_Records to process_
= = = = = = =
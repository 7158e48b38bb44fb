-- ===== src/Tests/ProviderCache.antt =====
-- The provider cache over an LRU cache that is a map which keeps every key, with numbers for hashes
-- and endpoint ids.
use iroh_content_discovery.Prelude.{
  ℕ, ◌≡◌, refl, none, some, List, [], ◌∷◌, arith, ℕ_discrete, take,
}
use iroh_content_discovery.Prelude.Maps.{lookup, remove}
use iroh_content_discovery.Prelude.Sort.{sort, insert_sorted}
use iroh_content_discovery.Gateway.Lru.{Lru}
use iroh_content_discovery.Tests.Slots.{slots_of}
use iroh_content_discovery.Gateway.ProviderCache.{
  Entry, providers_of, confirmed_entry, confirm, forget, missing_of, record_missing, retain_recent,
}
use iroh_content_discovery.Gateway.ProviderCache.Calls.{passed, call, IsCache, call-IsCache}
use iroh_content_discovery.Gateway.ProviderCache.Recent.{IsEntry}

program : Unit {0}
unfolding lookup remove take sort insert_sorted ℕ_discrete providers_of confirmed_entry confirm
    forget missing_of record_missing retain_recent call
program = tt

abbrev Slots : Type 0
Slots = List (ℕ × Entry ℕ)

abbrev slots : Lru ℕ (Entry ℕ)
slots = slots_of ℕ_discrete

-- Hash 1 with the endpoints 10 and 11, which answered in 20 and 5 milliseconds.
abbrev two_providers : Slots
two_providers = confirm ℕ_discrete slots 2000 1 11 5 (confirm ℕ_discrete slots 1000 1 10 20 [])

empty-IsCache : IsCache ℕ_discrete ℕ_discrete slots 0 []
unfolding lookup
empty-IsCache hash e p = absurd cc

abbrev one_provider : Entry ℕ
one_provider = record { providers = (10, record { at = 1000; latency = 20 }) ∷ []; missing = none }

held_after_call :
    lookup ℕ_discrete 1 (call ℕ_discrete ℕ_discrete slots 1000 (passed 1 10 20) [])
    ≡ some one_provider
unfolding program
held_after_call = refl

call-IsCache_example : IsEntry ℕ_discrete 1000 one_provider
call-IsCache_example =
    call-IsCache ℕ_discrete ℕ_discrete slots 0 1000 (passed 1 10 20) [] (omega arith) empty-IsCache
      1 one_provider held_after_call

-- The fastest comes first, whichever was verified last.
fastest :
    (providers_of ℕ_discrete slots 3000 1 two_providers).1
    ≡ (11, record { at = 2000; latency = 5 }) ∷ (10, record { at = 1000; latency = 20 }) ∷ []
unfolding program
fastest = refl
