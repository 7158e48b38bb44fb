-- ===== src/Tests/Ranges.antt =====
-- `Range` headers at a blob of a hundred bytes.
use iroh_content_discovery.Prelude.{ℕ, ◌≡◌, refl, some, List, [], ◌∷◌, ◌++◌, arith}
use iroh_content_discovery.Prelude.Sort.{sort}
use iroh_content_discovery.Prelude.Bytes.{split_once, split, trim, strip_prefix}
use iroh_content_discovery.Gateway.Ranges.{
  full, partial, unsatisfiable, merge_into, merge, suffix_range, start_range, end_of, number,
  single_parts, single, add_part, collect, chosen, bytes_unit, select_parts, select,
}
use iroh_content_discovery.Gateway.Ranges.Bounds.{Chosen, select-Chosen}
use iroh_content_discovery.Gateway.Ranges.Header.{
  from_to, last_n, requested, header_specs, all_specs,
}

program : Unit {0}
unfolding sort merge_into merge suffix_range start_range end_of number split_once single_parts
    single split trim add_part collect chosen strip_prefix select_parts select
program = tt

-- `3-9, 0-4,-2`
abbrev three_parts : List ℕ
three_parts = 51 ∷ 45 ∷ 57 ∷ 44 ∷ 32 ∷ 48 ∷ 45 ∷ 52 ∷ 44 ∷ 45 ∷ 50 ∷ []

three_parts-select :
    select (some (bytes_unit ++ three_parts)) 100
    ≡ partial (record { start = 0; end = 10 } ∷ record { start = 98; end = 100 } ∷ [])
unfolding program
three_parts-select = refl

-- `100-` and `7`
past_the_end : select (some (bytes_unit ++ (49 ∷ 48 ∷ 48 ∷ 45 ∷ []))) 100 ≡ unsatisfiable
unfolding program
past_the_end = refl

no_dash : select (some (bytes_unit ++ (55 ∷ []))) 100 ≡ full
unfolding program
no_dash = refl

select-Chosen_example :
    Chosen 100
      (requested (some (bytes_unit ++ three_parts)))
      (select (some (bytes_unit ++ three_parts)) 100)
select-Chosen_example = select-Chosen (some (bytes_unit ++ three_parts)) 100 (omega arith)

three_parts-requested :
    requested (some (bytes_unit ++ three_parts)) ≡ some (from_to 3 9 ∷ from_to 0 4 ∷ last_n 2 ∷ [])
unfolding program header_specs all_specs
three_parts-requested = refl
= = = = = = =
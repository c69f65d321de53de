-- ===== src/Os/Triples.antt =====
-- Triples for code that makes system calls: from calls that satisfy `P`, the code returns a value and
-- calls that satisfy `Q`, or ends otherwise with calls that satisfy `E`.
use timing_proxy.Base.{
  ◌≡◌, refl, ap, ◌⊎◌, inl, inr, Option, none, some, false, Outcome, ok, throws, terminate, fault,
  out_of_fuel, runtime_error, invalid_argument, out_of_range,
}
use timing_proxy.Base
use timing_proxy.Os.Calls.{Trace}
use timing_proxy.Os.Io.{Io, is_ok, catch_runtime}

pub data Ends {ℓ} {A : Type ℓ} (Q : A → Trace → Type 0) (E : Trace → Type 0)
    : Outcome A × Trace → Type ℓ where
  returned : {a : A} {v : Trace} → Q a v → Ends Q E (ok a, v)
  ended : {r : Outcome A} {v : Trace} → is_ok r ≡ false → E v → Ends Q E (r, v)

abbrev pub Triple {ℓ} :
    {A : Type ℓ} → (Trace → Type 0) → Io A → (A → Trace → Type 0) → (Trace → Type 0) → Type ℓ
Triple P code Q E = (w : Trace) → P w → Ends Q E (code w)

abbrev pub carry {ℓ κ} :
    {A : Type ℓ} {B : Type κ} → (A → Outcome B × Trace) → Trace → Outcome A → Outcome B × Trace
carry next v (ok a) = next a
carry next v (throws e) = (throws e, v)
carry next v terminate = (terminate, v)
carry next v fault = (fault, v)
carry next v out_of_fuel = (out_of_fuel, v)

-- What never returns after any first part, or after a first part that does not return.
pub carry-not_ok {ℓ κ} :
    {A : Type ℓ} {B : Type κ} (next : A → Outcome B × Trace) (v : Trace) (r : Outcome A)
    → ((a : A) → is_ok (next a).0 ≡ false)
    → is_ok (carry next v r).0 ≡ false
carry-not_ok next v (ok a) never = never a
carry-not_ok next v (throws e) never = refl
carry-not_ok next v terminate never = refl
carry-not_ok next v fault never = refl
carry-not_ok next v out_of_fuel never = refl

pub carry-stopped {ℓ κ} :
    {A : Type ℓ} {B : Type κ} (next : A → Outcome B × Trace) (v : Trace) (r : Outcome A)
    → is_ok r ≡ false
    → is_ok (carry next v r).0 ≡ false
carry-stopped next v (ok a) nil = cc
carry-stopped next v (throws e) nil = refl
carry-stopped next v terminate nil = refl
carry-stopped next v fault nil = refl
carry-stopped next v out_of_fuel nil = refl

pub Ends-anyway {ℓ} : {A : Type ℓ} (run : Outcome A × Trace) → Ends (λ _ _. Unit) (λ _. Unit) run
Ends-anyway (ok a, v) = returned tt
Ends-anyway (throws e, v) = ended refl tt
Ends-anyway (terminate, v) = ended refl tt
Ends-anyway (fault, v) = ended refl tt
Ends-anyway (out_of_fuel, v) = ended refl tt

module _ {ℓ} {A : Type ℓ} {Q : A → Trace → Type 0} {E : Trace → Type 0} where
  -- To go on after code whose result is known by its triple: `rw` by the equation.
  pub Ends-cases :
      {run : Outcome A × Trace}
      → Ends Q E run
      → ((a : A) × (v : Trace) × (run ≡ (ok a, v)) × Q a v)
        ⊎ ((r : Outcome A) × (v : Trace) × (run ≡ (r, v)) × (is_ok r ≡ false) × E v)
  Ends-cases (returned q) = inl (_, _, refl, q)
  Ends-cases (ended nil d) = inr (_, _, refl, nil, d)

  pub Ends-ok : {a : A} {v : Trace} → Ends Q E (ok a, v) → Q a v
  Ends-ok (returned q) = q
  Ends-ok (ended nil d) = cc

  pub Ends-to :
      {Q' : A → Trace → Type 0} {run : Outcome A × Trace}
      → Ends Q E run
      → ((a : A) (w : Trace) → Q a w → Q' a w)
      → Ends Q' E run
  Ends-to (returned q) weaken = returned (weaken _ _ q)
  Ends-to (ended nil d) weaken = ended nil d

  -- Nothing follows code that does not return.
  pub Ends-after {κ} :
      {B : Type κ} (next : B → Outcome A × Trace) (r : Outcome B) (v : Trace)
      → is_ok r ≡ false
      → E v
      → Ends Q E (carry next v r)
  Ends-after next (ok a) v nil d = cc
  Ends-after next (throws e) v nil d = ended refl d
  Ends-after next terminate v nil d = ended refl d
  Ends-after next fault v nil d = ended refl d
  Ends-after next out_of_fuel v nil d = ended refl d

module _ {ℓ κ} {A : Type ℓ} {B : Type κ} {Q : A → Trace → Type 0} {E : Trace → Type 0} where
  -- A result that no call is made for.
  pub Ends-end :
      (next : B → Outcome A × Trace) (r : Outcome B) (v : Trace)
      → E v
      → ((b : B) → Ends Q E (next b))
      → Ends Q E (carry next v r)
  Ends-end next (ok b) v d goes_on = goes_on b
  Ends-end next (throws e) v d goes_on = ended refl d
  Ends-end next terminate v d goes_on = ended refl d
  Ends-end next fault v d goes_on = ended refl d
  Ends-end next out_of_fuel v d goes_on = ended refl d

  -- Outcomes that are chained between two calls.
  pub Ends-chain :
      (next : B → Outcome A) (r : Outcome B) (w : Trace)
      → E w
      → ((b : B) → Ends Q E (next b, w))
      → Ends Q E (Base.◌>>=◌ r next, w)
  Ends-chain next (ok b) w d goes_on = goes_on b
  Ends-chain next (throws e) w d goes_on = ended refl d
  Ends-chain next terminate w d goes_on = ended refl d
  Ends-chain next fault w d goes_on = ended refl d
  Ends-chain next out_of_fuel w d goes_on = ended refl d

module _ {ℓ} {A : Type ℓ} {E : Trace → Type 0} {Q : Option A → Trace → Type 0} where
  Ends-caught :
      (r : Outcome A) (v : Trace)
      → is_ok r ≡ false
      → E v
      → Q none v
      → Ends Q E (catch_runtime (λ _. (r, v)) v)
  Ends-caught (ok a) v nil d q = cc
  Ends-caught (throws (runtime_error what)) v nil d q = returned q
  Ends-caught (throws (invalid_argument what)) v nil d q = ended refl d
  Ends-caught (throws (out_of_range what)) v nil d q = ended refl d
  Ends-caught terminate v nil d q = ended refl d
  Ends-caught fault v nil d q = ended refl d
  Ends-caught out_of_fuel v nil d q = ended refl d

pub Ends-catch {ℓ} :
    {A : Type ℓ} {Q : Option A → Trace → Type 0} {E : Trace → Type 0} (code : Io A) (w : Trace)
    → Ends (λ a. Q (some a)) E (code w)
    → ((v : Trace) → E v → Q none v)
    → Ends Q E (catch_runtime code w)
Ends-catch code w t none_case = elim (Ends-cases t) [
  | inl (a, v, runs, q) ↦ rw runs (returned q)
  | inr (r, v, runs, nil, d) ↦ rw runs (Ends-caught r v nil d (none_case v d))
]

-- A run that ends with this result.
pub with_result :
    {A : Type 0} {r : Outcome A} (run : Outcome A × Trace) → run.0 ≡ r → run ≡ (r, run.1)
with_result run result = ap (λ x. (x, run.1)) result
= = = = = = =
_Work instructions_
Find the word "abbrev" in the entries. Copy each line that holds it.

_Response for this exercise_
abbrev Slots : Type 0
abbrev slots : Lru ℕ (Entry ℕ)
abbrev two_providers : Slots
abbrev one_provider : Entry ℕ
abbrev three_parts : List ℕ
abbrev pub Triple {ℓ} :
abbrev pub carry {ℓ κ} :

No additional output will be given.